::: The data :::

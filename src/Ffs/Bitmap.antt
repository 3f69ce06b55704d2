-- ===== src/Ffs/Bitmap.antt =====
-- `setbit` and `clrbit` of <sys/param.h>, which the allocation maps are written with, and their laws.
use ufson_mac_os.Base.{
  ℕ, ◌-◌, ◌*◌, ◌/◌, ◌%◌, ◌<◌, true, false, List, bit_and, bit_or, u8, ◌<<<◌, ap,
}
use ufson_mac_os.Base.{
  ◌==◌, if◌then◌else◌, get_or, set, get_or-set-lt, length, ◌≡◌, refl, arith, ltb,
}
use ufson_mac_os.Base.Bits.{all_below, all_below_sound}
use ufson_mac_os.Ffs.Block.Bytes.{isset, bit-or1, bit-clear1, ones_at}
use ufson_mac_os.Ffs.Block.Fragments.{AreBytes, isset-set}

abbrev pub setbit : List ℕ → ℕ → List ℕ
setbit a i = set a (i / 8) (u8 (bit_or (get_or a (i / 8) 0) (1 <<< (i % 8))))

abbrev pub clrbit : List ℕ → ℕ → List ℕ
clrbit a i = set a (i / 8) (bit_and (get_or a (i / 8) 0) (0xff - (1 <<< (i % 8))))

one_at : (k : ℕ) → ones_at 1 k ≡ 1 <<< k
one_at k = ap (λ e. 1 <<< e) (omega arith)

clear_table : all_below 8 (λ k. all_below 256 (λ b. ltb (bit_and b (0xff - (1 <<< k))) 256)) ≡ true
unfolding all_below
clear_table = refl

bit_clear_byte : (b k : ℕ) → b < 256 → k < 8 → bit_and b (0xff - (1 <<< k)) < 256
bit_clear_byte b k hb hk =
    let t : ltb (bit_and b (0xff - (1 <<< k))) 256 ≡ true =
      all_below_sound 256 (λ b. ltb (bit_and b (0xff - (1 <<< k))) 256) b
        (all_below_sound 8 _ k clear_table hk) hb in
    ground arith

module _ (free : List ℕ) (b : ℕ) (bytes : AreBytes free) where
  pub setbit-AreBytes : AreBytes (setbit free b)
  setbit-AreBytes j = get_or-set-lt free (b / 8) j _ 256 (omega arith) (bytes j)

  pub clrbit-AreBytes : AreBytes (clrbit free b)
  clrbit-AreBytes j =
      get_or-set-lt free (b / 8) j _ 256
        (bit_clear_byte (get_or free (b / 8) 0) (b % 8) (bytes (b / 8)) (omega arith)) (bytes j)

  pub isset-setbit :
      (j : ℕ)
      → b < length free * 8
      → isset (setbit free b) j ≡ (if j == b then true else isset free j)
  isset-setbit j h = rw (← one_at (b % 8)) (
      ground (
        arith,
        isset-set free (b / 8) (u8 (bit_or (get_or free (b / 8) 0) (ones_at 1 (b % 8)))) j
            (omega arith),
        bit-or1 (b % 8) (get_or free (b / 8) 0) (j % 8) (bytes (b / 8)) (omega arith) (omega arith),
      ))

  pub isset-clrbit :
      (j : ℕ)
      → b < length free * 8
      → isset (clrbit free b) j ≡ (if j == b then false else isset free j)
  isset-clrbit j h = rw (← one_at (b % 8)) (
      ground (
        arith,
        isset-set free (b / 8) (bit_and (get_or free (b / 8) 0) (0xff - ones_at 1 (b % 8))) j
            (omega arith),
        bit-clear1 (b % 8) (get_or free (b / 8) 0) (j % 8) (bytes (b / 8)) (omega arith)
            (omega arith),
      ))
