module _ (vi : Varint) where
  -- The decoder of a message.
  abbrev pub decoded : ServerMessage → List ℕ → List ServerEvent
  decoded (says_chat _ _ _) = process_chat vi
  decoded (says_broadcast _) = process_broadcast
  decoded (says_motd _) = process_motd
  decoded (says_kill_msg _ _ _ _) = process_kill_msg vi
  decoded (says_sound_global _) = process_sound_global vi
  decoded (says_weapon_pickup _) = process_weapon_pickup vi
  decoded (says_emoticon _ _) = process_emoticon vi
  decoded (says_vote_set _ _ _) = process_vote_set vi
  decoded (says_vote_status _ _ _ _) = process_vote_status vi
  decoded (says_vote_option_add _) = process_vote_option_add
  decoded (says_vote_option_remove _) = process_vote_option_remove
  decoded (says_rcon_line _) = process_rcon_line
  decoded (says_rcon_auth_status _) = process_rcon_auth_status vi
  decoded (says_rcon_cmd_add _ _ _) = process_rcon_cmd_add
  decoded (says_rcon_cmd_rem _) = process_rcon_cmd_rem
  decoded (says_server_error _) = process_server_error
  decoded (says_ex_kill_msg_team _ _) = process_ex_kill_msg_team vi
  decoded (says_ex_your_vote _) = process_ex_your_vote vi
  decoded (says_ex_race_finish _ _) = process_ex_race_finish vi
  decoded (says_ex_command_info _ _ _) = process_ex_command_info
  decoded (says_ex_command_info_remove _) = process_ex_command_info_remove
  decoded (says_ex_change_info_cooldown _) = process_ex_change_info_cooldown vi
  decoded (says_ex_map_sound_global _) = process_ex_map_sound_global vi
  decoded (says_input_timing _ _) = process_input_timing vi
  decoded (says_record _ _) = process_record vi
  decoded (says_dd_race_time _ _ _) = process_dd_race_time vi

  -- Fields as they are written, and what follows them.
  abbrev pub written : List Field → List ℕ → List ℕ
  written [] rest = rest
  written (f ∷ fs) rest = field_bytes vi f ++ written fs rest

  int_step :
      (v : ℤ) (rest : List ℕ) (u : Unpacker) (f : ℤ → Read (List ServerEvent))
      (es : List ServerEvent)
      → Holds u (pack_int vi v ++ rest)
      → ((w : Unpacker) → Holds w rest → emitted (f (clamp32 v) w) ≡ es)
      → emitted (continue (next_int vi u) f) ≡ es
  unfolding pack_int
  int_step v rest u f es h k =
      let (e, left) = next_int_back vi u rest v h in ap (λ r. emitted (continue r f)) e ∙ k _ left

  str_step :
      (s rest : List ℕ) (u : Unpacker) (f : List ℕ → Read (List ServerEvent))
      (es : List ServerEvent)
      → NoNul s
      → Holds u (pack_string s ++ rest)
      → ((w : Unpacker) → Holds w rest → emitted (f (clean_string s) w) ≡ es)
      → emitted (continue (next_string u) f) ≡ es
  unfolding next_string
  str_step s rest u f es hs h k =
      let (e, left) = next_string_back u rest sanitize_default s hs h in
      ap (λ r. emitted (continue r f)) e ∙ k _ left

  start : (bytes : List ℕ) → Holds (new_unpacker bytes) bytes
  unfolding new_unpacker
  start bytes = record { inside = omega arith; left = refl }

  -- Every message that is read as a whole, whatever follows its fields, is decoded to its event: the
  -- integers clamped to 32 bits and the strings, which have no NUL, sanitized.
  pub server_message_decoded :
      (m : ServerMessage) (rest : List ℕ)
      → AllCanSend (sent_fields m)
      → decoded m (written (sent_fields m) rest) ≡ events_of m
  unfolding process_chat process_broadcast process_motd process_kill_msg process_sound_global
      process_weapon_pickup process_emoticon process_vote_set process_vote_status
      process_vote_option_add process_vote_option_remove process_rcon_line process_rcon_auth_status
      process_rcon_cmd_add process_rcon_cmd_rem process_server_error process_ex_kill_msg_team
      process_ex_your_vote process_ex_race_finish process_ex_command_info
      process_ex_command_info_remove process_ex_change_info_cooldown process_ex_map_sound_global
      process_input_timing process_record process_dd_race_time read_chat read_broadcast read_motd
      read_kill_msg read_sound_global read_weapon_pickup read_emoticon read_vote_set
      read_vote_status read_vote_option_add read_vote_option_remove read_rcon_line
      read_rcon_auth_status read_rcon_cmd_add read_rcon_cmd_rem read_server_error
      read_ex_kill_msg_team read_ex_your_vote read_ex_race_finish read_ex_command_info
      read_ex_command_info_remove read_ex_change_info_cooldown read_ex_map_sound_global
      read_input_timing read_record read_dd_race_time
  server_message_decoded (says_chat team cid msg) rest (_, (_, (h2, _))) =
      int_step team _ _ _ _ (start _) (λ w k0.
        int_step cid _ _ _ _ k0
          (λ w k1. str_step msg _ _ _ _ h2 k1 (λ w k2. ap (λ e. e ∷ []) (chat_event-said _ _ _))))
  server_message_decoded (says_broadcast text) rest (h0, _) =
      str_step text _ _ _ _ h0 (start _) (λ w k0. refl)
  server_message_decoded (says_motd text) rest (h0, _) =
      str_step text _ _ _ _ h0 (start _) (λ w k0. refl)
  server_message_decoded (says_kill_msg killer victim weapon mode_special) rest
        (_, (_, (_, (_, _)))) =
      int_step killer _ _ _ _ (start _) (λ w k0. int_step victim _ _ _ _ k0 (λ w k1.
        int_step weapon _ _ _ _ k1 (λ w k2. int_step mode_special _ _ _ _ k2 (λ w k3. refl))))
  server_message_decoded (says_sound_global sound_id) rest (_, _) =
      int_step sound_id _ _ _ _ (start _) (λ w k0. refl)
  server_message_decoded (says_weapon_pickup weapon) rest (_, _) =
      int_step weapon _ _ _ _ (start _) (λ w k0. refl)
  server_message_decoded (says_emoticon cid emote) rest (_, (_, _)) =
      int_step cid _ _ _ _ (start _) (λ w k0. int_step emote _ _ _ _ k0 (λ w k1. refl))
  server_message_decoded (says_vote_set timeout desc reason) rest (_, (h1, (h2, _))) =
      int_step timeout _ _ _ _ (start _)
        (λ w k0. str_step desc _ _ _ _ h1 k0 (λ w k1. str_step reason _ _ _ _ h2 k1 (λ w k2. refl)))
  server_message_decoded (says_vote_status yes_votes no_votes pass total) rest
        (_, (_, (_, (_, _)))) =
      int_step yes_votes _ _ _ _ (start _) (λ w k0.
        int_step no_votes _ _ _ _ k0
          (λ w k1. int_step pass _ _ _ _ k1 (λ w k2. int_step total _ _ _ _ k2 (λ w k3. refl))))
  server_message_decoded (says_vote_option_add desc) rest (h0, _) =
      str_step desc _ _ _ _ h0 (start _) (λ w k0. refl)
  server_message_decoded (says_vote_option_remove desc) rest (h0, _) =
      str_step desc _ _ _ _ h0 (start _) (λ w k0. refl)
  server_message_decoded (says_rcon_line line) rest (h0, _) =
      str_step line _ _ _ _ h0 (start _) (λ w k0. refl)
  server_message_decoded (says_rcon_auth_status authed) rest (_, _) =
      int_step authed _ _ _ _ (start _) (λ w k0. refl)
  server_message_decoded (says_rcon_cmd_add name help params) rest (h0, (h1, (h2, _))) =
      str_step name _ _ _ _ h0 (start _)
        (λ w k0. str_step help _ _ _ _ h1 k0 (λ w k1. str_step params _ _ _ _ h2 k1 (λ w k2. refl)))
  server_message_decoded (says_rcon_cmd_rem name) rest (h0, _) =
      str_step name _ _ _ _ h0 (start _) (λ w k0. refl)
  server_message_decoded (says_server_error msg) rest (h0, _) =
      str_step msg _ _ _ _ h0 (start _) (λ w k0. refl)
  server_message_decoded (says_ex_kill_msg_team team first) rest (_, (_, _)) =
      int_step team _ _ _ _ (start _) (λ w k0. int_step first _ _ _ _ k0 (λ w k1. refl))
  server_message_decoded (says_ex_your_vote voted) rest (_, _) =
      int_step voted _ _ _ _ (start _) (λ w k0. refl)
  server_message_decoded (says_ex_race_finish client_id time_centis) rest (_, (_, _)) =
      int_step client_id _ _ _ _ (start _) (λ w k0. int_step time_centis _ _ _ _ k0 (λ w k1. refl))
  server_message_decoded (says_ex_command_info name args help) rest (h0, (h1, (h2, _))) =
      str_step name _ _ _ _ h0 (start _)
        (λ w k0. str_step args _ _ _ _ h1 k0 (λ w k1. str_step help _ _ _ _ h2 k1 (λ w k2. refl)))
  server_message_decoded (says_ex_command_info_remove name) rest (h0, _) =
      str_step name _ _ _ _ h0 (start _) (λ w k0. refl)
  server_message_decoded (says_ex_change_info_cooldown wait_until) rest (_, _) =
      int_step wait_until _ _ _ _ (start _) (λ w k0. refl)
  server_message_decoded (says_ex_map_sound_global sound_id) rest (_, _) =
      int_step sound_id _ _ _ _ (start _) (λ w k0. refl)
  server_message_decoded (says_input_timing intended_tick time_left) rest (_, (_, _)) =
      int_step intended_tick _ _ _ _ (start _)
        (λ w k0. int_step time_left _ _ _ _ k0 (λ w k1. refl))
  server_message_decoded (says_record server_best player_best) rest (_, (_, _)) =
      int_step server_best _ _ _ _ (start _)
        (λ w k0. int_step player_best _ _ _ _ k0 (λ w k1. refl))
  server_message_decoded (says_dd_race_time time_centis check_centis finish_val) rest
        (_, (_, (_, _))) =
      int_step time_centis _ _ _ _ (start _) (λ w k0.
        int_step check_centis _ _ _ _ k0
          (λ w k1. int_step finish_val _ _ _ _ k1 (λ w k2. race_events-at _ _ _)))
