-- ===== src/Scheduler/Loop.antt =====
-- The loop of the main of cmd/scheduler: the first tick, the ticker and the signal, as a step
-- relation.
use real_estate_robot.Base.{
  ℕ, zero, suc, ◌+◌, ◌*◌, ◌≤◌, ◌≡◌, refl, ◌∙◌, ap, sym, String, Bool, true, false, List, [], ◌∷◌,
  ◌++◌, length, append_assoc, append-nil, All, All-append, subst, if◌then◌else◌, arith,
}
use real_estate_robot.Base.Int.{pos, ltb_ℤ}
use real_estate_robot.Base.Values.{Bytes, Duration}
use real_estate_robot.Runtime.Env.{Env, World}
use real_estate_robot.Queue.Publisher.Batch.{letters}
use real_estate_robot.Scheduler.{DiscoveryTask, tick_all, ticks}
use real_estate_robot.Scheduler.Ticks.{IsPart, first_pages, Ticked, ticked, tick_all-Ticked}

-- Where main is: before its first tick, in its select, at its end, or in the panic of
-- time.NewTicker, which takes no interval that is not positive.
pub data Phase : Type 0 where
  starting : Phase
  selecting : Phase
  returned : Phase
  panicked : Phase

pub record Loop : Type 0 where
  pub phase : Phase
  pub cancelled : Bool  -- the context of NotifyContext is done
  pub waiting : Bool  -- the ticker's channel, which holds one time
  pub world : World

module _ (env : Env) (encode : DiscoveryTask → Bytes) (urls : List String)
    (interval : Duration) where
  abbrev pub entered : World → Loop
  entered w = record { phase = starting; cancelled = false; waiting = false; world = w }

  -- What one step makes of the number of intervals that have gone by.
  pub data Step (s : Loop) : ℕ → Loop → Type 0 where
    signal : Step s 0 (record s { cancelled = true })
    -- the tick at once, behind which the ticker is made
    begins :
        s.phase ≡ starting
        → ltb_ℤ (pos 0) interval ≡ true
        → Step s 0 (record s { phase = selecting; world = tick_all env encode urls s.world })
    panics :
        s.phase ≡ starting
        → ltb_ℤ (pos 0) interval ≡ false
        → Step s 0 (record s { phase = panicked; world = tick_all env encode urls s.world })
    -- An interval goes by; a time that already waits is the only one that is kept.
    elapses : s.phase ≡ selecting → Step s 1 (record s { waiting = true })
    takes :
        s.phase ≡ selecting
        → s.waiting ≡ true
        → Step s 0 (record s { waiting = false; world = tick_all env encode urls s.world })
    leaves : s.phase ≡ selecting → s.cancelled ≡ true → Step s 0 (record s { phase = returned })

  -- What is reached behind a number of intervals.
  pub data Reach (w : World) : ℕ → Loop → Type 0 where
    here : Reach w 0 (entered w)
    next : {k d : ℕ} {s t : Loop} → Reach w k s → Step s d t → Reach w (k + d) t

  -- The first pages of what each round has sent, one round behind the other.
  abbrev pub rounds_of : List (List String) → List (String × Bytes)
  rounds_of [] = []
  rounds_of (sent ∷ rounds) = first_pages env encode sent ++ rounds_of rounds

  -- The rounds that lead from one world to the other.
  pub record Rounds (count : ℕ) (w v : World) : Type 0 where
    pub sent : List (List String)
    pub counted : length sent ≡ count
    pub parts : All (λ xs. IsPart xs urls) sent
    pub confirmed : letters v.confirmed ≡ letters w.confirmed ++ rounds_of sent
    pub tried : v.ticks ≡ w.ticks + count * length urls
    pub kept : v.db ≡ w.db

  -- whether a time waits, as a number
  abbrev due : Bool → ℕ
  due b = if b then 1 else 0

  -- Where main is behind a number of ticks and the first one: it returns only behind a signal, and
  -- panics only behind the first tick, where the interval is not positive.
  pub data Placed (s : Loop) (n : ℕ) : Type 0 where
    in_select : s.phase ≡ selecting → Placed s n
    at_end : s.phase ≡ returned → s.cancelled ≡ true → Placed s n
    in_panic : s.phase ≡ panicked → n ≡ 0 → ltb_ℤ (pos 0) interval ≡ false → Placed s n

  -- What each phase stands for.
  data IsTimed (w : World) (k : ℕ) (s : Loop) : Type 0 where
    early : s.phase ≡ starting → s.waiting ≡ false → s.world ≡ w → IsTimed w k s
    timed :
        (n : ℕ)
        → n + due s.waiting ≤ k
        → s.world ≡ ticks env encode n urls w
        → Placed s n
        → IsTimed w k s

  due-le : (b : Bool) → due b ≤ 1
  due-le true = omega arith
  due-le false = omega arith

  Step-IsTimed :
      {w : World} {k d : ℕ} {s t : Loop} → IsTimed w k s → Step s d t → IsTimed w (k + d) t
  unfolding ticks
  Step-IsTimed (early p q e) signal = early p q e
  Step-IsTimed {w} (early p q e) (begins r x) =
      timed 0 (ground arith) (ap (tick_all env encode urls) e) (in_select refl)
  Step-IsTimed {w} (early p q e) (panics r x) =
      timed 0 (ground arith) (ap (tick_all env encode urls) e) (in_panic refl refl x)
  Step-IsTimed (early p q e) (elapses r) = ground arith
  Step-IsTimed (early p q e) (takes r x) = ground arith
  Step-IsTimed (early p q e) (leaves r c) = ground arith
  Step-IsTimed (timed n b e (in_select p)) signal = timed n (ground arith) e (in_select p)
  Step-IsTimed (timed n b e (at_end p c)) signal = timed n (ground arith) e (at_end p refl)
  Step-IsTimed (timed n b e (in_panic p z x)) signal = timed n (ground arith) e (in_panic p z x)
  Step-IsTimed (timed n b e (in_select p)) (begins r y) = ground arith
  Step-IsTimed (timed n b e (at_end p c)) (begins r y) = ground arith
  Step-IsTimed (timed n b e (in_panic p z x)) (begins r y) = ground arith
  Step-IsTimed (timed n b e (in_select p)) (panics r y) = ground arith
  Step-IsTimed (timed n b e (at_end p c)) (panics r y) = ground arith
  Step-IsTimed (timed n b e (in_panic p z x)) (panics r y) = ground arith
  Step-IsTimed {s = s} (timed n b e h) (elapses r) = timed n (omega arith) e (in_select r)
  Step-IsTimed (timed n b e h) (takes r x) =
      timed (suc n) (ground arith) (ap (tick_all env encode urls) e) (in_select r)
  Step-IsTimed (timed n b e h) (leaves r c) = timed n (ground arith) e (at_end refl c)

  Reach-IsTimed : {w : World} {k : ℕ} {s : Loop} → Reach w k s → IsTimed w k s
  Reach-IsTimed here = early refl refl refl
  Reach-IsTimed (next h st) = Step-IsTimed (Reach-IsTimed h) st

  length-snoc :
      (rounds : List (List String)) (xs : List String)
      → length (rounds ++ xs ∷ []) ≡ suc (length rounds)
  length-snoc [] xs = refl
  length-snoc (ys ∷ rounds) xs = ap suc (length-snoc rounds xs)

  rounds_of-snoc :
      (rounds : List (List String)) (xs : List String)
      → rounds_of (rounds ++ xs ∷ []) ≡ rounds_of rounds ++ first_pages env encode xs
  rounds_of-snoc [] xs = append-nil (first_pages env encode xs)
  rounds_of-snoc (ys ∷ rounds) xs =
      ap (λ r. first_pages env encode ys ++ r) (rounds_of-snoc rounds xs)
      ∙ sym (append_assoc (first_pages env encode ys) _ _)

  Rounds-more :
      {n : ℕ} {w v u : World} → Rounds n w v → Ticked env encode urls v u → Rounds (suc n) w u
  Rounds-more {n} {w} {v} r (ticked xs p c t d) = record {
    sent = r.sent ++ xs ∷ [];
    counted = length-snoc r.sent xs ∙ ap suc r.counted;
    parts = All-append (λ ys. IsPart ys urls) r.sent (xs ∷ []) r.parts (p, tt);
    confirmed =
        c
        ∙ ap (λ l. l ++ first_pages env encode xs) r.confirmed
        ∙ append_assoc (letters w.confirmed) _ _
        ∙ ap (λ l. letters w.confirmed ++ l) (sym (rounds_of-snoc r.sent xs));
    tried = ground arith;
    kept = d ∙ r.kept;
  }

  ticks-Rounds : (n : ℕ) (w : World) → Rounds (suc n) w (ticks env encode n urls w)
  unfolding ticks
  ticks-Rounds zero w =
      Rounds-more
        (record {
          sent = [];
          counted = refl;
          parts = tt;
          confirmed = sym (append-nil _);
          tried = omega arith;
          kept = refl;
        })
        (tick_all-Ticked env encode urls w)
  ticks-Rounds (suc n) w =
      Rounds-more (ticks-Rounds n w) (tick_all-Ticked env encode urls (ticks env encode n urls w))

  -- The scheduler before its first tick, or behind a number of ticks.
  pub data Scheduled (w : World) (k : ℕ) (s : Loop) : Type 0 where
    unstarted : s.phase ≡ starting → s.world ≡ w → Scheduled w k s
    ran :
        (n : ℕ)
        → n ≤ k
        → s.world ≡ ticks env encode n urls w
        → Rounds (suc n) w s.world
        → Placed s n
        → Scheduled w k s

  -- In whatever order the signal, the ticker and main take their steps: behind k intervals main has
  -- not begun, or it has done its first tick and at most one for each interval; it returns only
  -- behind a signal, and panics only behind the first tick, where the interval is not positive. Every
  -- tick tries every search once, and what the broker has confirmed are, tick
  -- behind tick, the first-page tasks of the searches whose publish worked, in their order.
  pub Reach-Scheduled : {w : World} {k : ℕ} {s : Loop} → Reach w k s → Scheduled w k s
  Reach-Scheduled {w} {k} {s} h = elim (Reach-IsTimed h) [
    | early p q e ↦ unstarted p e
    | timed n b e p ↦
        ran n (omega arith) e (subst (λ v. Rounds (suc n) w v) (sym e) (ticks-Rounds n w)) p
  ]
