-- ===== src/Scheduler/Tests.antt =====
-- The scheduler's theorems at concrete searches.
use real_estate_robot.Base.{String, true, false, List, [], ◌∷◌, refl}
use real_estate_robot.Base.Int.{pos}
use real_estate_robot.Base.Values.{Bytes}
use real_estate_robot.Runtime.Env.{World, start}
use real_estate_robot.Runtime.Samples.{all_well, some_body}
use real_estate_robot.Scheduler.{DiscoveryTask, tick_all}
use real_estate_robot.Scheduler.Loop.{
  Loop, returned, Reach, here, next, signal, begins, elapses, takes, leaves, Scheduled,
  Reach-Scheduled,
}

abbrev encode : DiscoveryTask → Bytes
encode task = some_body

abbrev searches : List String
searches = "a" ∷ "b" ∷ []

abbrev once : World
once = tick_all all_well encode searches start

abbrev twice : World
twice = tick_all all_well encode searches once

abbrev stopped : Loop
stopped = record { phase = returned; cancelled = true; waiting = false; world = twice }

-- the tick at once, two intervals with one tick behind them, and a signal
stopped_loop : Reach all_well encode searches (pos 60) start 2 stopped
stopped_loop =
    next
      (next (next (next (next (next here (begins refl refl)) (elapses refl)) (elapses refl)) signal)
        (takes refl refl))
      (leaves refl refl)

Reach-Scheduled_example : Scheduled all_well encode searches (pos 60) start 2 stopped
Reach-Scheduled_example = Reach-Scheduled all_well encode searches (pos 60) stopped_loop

:::

§ Exercise details
Set down, exactly as they stand above, the lines starting with the line with "Step-IsTimed (early p q e) (leaves" and going on through the line with "length-snoc [] xs = refl", and no others.

§ Written response
  Step-IsTimed (early p q e) (leaves r c) = ground arith
  Step-IsTimed (timed n b e (in_select p)) signal = timed n (ground arith) e (in_select p)
  Step-IsTimed (timed n b e (at_end p c)) signal = timed n (ground arith) e (at_end p refl)
  Step-IsTimed (timed n b e (in_panic p z x)) signal = timed n (ground arith) e (in_panic p z x)
  Step-IsTimed (timed n b e (in_select p)) (begins r y) = ground arith
  Step-IsTimed (timed n b e (at_end p c)) (begins r y) = ground arith
  Step-IsTimed (timed n b e (in_panic p z x)) (begins r y) = ground arith
  Step-IsTimed (timed n b e (in_select p)) (panics r y) = ground arith
  Step-IsTimed (timed n b e (at_end p c)) (panics r y) = ground arith
  Step-IsTimed (timed n b e (in_panic p z x)) (panics r y) = ground arith
  Step-IsTimed {s = s} (timed n b e h) (elapses r) = timed n (omega arith) e (in_select r)
  Step-IsTimed (timed n b e h) (takes r x) =
      timed (suc n) (ground arith) (ap (tick_all env encode urls) e) (in_select r)
  Step-IsTimed (timed n b e h) (leaves r c) = timed n (ground arith) e (at_end refl c)

  Reach-IsTimed : {w : World} {k : ℕ} {s : Loop} → Reach w k s → IsTimed w k s
  Reach-IsTimed here = early refl refl refl
  Reach-IsTimed (next h st) = Step-IsTimed (Reach-IsTimed h) st

  length-snoc :
      (rounds : List (List String)) (xs : List String)
      → length (rounds ++ xs ∷ []) ≡ suc (length rounds)
  length-snoc [] xs = refl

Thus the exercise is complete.